Both studies included in this review used similar products as placebos for the control group, a dairy-based food matrix without any probiotic or synbiotic components. According to the Handbook for Good Clinical Research Practice (GCP) made available by the WHO [27], a well-controlled clinical trial must follow a design that allows comparison between the test and control groups so that the effects of the intervention can be determined and differentiated from other possible influences. In addition, the Guidelines for the Evaluation of Probiotics in Food, a joint report of FAO/WHO [28], recommends that for tests on probiotic foods, the placebo should be composed of the carrier food devoid of the probiotic to be tested.

During the literature search stage, this systematic review found at least two other studies focusing on the proposed topic [29,30]. However, both had methodological flaws that prevented their inclusion in this review. A study by Nobaek et al. [29] presented its results in such a way that it was not possible to extract any data regarding the control group. In addition, a study by Noorbakhsh et al. [30] presented only the data related to the test group, without identifying the control group at all.

This review also highlights the need for full disclosure of all data related to control and test groups. According to a document developed by the FDA [31], Meta-Analyses of Randomized Controlled Clinical Trials to Evaluate the Safety of Human Drugs or Biological Products Guidance for Industry, the full presentation of all data regarding the intervention subjects and control groups is essential to allow for meta-analysis and to generate evidence that ensures an intervention is both safe and effective.
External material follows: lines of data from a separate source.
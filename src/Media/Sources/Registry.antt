-- ===== src/Media/Sources/Registry.antt =====
-- Registration and search in media_source.cpp, by what is stored for each path.
use streaming.Prelude.{
  ℕ, subst, ◌≡◌, refl, sym, ap, ◌∙◌, Bool, true, false, ◌||◌, Option, none, some, [], inl, inr,
  if◌then◌else◌, ◌==◌, ==_iff, Bool-cases,
}
use streaming.Prelude.Texts.{lookup, same_text, same_text-eq, same_text_refl, both}
use streaming.Prelude.Outcome.{Result, ok, err, already_pushed, ok-injective}
use streaming.Media.Info.{Info}
use streaming.Media.Sources.{
  set_weak_source, Sources, SchemaMap, weak_source, value_or, entry, found, lock, regist_over,
  regist, find, is_empty,
}
use streaming.Media.Sources.Slots.{slot, reading, same_path, slot-set_weak_source}
use streaming.Rtmp.Chunk.{update}

module _ {A : Type 0} {B : Type 0} where
  opened : (f : A → Option B) (d : A) → f d ≡ none → (o : Option A) → f (value_or d o) ≡ reading f o
  opened f d none_in none = none_in
  opened f d none_in (some a) = refl

  found-reading :
      (result : Option B → Option ℕ × Bool) (f : A → Option B) (next : A → Option ℕ × Bool)
      → ((a : A) → next a ≡ result (f a))
      → result none ≡ (none, false)
      → (o : Option A) → found next o ≡ result (reading f o)
  found-reading result f next same nothing none = sym nothing
  found-reading result f next same nothing (some a) = same a

pub weak_source-slot : (p : Info) (m : SchemaMap) → weak_source p m ≡ value_or none (slot p m)
unfolding weak_source
weak_source-slot p m = ap (value_or none) (
    opened _ [] refl (lookup p.app (entry [] p.vhost (entry [] p.schema m)))
    ∙ opened _ [] refl (lookup p.vhost (entry [] p.schema m))
    ∙ opened _ [] refl (lookup p.schema m))

-- What `find` answers for what is stored.
abbrev answer : (ℕ → Bool) → Option (Option ℕ) → Option ℕ × Bool
answer alive = found (λ w. (lock alive w, true))

abbrev pub search : Info → Sources → Result (Option ℕ × Bool)
search p = find p.schema p.vhost p.app p.stream_id

abbrev pub incomplete : Info → Bool
incomplete p = is_empty p.schema || is_empty p.vhost || is_empty p.app || is_empty p.stream_id

search-slot :
    (p : Info) (st : Sources)
    → incomplete p ≡ false
    → search p st ≡ ok (answer st.alive (slot p st.media_sources))
unfolding find
search-slot p st full =
    let result = answer st.alive in
    rw full (
      ap (λ a. ok a)
        (found-reading result _ _
          (λ vhosts.
            found-reading result _ _
              (λ apps.
                found-reading result (lookup p.stream_id) _ (λ streams. refl) refl
                  (lookup p.app apps))
              refl (lookup p.vhost vhosts))
          refl (lookup p.schema st.media_sources)))

pub same_path_refl : (p : Info) → same_path p p ≡ true
same_path_refl p =
    rw
      (
        same_text_refl p.schema,
        same_text_refl p.vhost,
        same_text_refl p.app,
        same_text_refl p.stream_id,
      )
      refl

pub same_path-slot : (p q : Info) (m : SchemaMap) → same_path p q ≡ true → slot p m ≡ slot q m
same_path-slot p q m same =
    let (schema, rest) = both (same_text p.schema q.schema) _ same in
    let (vhost, rest') = both (same_text p.vhost q.vhost) _ rest in
    let (app, stream) = both (same_text p.app q.app) _ rest' in
    rw
      (
        same_text-eq p.schema q.schema schema,
        same_text-eq p.vhost q.vhost vhost,
        same_text-eq p.app q.app app,
        same_text-eq p.stream_id q.stream_id stream,
      )
      refl

-- The two ways in which `regist` succeeds.
pub data Registered (this : ℕ) (p : Info) (st : Sources) : Sources → Type 0 where
  again :
      (w : Option ℕ)
      → slot p st.media_sources ≡ some w
      → lock st.alive w ≡ some this
      → Registered this p st st
  anew :
      lock st.alive (weak_source p st.media_sources) ≡ none
      → Registered this p st (record st {
        media_sources = set_weak_source p (some this) st.media_sources;
        is_registered = update st.is_registered this true;
      })

module _ (this : ℕ) (p : Info) (st st' : Sources) where
  regist_over-Registered :
      (o : Option ℕ)
      → lock st.alive (weak_source p st.media_sources) ≡ o
      → regist_over this p st o ≡ ok st'
      → Registered this p st st'
  unfolding regist_over lock
  regist_over-Registered none free done =
      subst (Registered this p st) (ok-injective done) (anew free)
  regist_over-Registered (some other) taken done = elim (Bool-cases (other == this)) [
    | inl own ↦
        subst (Registered this p st)
          (ok-injective (ap (λ b. if b then ok st else err already_pushed) (sym own) ∙ done))
          (stored (slot p st.media_sources) refl (
            ap (lock st.alive) (sym (weak_source-slot p st.media_sources))
            ∙ taken
            ∙ ap some ((==_iff other this).0 own)))
    | inr other_one ↦ absurd (refused other_one)
  ]
    where
      refused : (other == this) ≡ false → ⊥
      refused e =
          let clash : ◌≡◌ {A = Result Sources} (err already_pushed) (ok st') =
            ap (λ b. if b then ok st else err already_pushed) (sym e) ∙ done in
          absurd (cc)

      stored :
          (o : Option (Option ℕ))
          → slot p st.media_sources ≡ o
          → lock st.alive (value_or none o) ≡ some this
          → Registered this p st st
      stored none e locked = absurd (cc)
      stored (some w) e locked = again w e locked

  pub regist-Registered : regist this p st ≡ ok st' → Registered this p st st'
  unfolding regist
  regist-Registered = regist_over-Registered (lock st.alive (weak_source p st.media_sources)) refl

-- After a registration that does not throw, of a source that has an owner, a search for its path
-- gives the source, and a search for any other path gives what it gave before, where the path that
-- is looked for has no empty part.
pub search-regist :
    (this : ℕ) (p q : Info) (st st' : Sources)
    → regist this p st ≡ ok st'
    → st.alive this ≡ true
    → incomplete q ≡ false
    → search q st' ≡ (if same_path p q then ok (some this, true) else search q st)
unfolding lock
search-regist this p q st st' done living full = by_case (regist-Registered this p st st' done)
  where
    by_case :
        {s : Sources}
        → Registered this p st s
        → search q s ≡ (if same_path p q then ok (some this, true) else search q st)
    by_case (again w e locked) = elim (Bool-cases (same_path p q)) [
      | inl same ↦
          rw
            (same, search-slot q st full, sym (same_path-slot p q st.media_sources same), e, locked)
            refl
      | inr other ↦ rw other refl
    ]
    by_case (anew free) =
        rw
          (
            search-slot q st full,
            search-slot q _ full,
            slot-set_weak_source p q (some this) st.media_sources,
          )
          (elim (Bool-cases (same_path p q)) [
            | inl same ↦ rw (same, living) refl
            | inr other ↦ rw other refl
          ])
The present review also recommends the use of standardized scales that allow for comparisons between different studies when analyzing gastrointestinal symptoms and bowel disorders. An example of the successful use of standardizing scales is the method adopted by Min et al. [21]. The authors used the VAS Scale (VAS, 0 = no symptoms, 25 = mild, 50 = moderate, 75 = severe, 100 = very severe) for symptoms of abdominal pain/discomfort, bloating, satisfaction with bowel habits, and day to day discomfort; associated with a frequency measurement for flatulence, and defecation. They have also employed the Bristol Stool Scale [32] to evaluate stool consistency. This method is even more complete than when using only the VAS-IBS Scale [33] and allows for a thorough assessment of recurring gastrointestinal symptoms for all IBS subtypes.

Regarding the type of matrix used to carry synbiotics or prebiotics, defining what would be the best way to carry these compounds is a matter that requires further investigation, and the development of comparative studies between different matrixes is necessary. In the studies included in this review, both used a dairy-based matrix as a carrier, which is one of the most common ways of carrying probiotics and synbiotics in food. These products tend to be selected due to their favorable characteristics regarding the survival of probiotic microorganisms during storage [34]. However, it should be highlighted that the use of non-dairy-based food matrixes is a promising topic for future clinical trials, as some patients with IBS reported discomfort associated with ingestion of this type of food [35].

This review, however, is not free of limitations though. It was not possible to assess the effect of the interventions of interest through a meta-analysis due to important differences between the included studies and the lack of data for comparison in patients with IBS-D. However, further studies on the topic may assist in closing the gaps found during this systematic review.

5. Conclusions

The findings of this systematic review indicate that the use of synbiotics has the potential to reduce overall IBS symptoms and improve the patients’ satisfaction with their bowel habits. However, it is not possible to draw any conclusions yet, mostly due to the great heterogenicity between the studies. Future clinical trials on this topic should consider the use of a placebo free of prebiotic and synbiotic components, an intervention period that allows for long-term evaluation, the use of unified tools for measuring outcomes (e.g., VAS Scale and Bristol Scale), and the individual analysis of outcomes for different IBS subtypes.